A Burnt Forest is a Healthy Forest

Recently I was wandering through a burnt forest in the aftermath of a wildfire with a mixed group of people as part of a field trip with a forest collaborative. We were examining the burn severity pattern that a recent wildfire had carved through the forest.  In many places, the fire had barely charred the ground, while in other places nearly all the trees had been killed.

Standing among the black snags that were created in the aftermath of a particularly high severity burn, someone asked how long it would take for the forest to “recover.”  That is a common question I hear frequently from people, and certainly that is the way most people view the aftermath of wildfires.  When they ask how long it will take to “recover” from the fire, they mean, how long will it take for tall, green trees to repopulate the area.

Though it is nearly universal among most people who have been taught to think about wildfires as “destructive”, from an ecological perspective it belies a failure to really understand forest ecology. It is the wrong question and certainly the wrong perspective to hold.

Green trees are only one part of a forest ecosystem life cycle, just as the river channel is only one part of a river system. Burnt forests are as important to forest ecosystems as flood plains are to river systems. Just as floods rejuvenate a river changing river channels, creating new habitat for colonizing plants like cottonwood and willow, and high flows allow some fish and aquatic organisms to migrate and move through the river system, wildfires also create important habitat and opportunities within forested ecosystems.

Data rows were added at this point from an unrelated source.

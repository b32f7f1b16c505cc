-- ===== src/Server/Registry/Repeat.antt =====
-- `RegisterRepeat`: at most five URLs are tried in order, and the first that is free is assigned.
use ngrok.Prelude.{
  ℕ, zero, suc, ◌^◌, ◌<◌, List, [], ◌∷◌, ◌++◌, ◌≡◌, refl, sym, ap, inl, inr, Option, none, some,
  length, if◌then◌else◌, Bool-cases, In,
}
use mathlib.Core.Path.{subst}
use ngrok.Prelude.Maps.{Map, get, put}
use ngrok.Prelude.Text.{Text, text_dec, same}
use ngrok.Cache.Lru.View.{view}
use ngrok.Server.Registry.{
  TunnelRegistry, Owner, id_key, ip_key, get_tunnel, attempts, register_repeat,
}
use ngrok.Server.Registry.Cached.{IsSound, known_url, get_cached_registration_lem}
use ngrok.Server.Registry.Exclusive.{register_and_cache_lem}

-- The URLs that are tried, in order: the cached one, if there is one, and new ones, five in all.
abbrev pub tried_urls : (ℕ → Text) → Text → List Text
tried_urls urls cached =
    if same cached []
    then urls 0 ∷ urls 1 ∷ urls 2 ∷ urls 3 ∷ urls 4 ∷ []
    else cached ∷ urls 0 ∷ urls 1 ∷ urls 2 ∷ urls 3 ∷ []

-- A tunnel has the URL.
abbrev pub IsTaken : Map Text ℕ → Text → Type 0
IsTaken m url = (u : ℕ) × (get text_dec url m ≡ some u)

-- The tunnels before and after: the first URL that was free is now the tunnel's, or all URLs were
-- taken and nothing has changed.
abbrev pub Assigns : List Text → ℕ → Map Text ℕ → Map Text ℕ → Option Text → Type 0
Assigns tried t m m' (some url) =
    (get text_dec url m ≡ none)
    × (m' ≡ put text_dec url t m)
    × ((before : List Text) × (after : List Text) × (tried ≡ before ++ url ∷ after)
        × ((u : Text) → In u before → IsTaken m u))
Assigns tried t m m' none = ((u : Text) → In u tried → IsTaken m u) × (m' ≡ m)

-- The rounds that are left: the URL of the next one, and those after it.
abbrev urls_left : (ℕ → Text) → ℕ → ℕ → Text → List Text
urls_left urls zero used url = []
urls_left urls (suc n) used url = url ∷ urls_left urls n (suc used) (urls used)

urls_left-tried_urls :
    (urls : ℕ → Text) (cached : Text)
    → urls_left urls 5 (if same cached [] then 1 else 0) (if same cached [] then urls 0 else cached)
      ≡ tried_urls urls cached
urls_left-tried_urls urls cached = elim (Bool-cases (same cached [])) [
  | inl e ↦ rw e refl
  | inr e ↦ rw e refl
]

cons-IsTaken :
    (m : Map Text ℕ) (l : List Text) (url : Text)
    → IsTaken m url
    → ((u : Text) → In u l → IsTaken m u)
    → (u : Text) → In u (url ∷ l)
    → IsTaken m u
cons-IsTaken m l url taken rest u k = elim k [
  | inl here ↦ subst (IsTaken m) (sym here) taken
  | inr later ↦ rest u later
]

module _ (now : ℕ) (urls : ℕ → Text) (t : Owner) (small : (i : ℕ) → length (urls i) < 2 ^ 63) where
  Assigns-cons :
      (url : Text) (l : List Text) (m m' : Map Text ℕ) (o : Option Text)
      → IsTaken m url
      → Assigns l t.tunnel m m' o
      → Assigns (url ∷ l) t.tunnel m m' o
  Assigns-cons url l m m' (some w) taken (free, added, (before, after, e, others)) =
      (free, added, (url ∷ before, after, ap (◌∷◌ url) e, cons-IsTaken m before url taken others))
  Assigns-cons url l m m' none taken (others, same_tunnels) =
      (cons-IsTaken m l url taken others, same_tunnels)

  attempts_lem :
      (n used : ℕ) (url : Text) (r : TunnelRegistry)
      → IsSound r
      → length url < 2 ^ 63
      → (r' : TunnelRegistry) × (o : Option Text) × (attempts n now urls used url t r
          ≡ some (r', o))
        × IsSound r'
        × Assigns (urls_left urls n used url) t.tunnel r.tunnels r'.tunnels o
  unfolding attempts get_tunnel
  attempts_lem zero used url r v h = (r, none, refl, v, ((λ u k. absurd k), refl))
  attempts_lem (suc n) used url r v h = elim (register_and_cache_lem now url t r v h) [
    | inl (u, taken, run) ↦
        let (r', o, rest, sound, a) = attempts_lem n (suc used) (urls used) r v (small used) in
        (
          r',
          o,
          rw (run, attempts) rest,
          sound,
          Assigns-cons url (urls_left urls n (suc used) (urls used)) r.tunnels r'.tunnels o
              (u, taken) a,
        )
    | inr (r', run, done) ↦ (
      r',
      some url,
      rw (run, attempts),
      done.sound,
      (
        done.was_free,
        done.added,
        ([], urls_left urls n (suc used) (urls used), refl, (λ u k. absurd k)),
      ),
    )
  ]

  first_small :
      (cached : Text)
      → length cached < 2 ^ 63
      → length (if same cached [] then urls 0 else cached) < 2 ^ 63
  first_small cached h = elim (Bool-cases (same cached [])) [
    | inl e ↦ rw e (small 0)
    | inr e ↦ rw e h
  ]

  -- `RegisterRepeat` never faults. It tries five URLs in order, first the one that the cache has for
  -- the client, if there is one. The first of them that is free is stored for the tunnel; if all five
  -- are taken it fails, and no tunnel has changed. URLs are shorter than 2^63 bytes.
  pub register_repeat_lem :
      (r : TunnelRegistry)
      → IsSound r
      → (r' : TunnelRegistry) × (o : Option Text) × (cached : Text) × (register_repeat now urls t r
          ≡ some (r', o))
        × (cached
            ≡ known_url
                (get text_dec (id_key t) (view r.affinity))
                (get text_dec (ip_key t) (view r.affinity)))
        × IsSound r'
        × Assigns (tried_urls urls cached) t.tunnel r.tunnels r'.tunnels o
  unfolding register_repeat
  register_repeat_lem r v =
      let (s, cached, run, shown, short, sound, tunnels, _) =
        get_cached_registration_lem now t r v in
      let (r', o, rest, valid, a) =
        attempts_lem 5 (if same cached [] then 1 else 0) (if same cached [] then urls 0 else cached)
          s sound (first_small cached short) in
      let tried = rw (urls_left-tried_urls urls cached) at a in
      (r', o, cached, rw run rest, shown, valid, rw tunnels at tried)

A “healthy” river is one that periodically floods. Among most western ecosystems, a “healthy” forest is one that periodically burns.  Just as the intensity of floods can vary over time—with annual, 100 year and 500 year floods, the intensity and frequency of wildfires also varies depending on many factors including the species of plants living in a site, climatic changes, and so forth.

The burnt snags and blackened ground we were walking through were not “recovering’ from the fire.  Rather the burnt forest with its snags, open soils, and flood of nutrients was “recovering” from the green forest. Wildfires are the major recruitment mechanism for creation of standing snags and fallen logs. And these are critical elements in most forest ecosystems.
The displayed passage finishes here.